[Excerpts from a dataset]
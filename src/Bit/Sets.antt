-- ===== src/Bit/Sets.antt =====
-- include/hlibc/bit.h: bit sets in a buffer of bytes. The index is an `int` that is not negative.
use hlibc.Base.{ℕ, ◌-◌, ◌*◌, ◌%◌, ◌^◌, bit_and, bit_or, bit_xor, List, get_or, set}
use hlibc.Bits.{shr, bit_not}

unfoldable pub bit_test : List ℕ → ℕ → ℕ
bit_test base i = bit_and (shr (get_or base (shr i 3) 0) (7 - bit_and i 7)) 1

-- `((uint8_t *)base)[i >> 3] = …`; the value is computed as an `int` and cut to a byte.
store : List ℕ → ℕ → (ℕ → ℕ) → List ℕ
store base i change = set base (shr i 3) (change (get_or base (shr i 3) 0) % 256)

unfoldable pub bit_set : List ℕ → ℕ → List ℕ
unfolding store
bit_set base i = store base i (λ b. bit_or b (1 * 2 ^ (i % 8)))

unfoldable pub bit_clear : List ℕ → ℕ → List ℕ
unfolding store
bit_clear base i = store base i (λ b. bit_and b (bit_not 32 (1 * 2 ^ (i % 8))))

unfoldable pub bit_flip : List ℕ → ℕ → List ℕ
unfolding store
bit_flip base i = store base i (λ b. bit_xor b (1 * 2 ^ (i % 8)))

-- The old bit, and the buffer afterwards.
unfoldable pub bit_test_and_set : List ℕ → ℕ → ℕ × List ℕ
bit_test_and_set base i = (bit_test base i, bit_set base i)

unfoldable pub bit_test_and_clear : List ℕ → ℕ → ℕ × List ℕ
bit_test_and_clear base i = (bit_test base i, bit_clear base i)

unfoldable pub bit_test_and_flip : List ℕ → ℕ → ℕ × List ℕ
bit_test_and_flip base i = (bit_test base i, bit_flip base i)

INSTRUCTIONS FOR THE TASK: One number is the expected answer: the count of lines above that hold the word "buffer".

ANSWER BOX: 2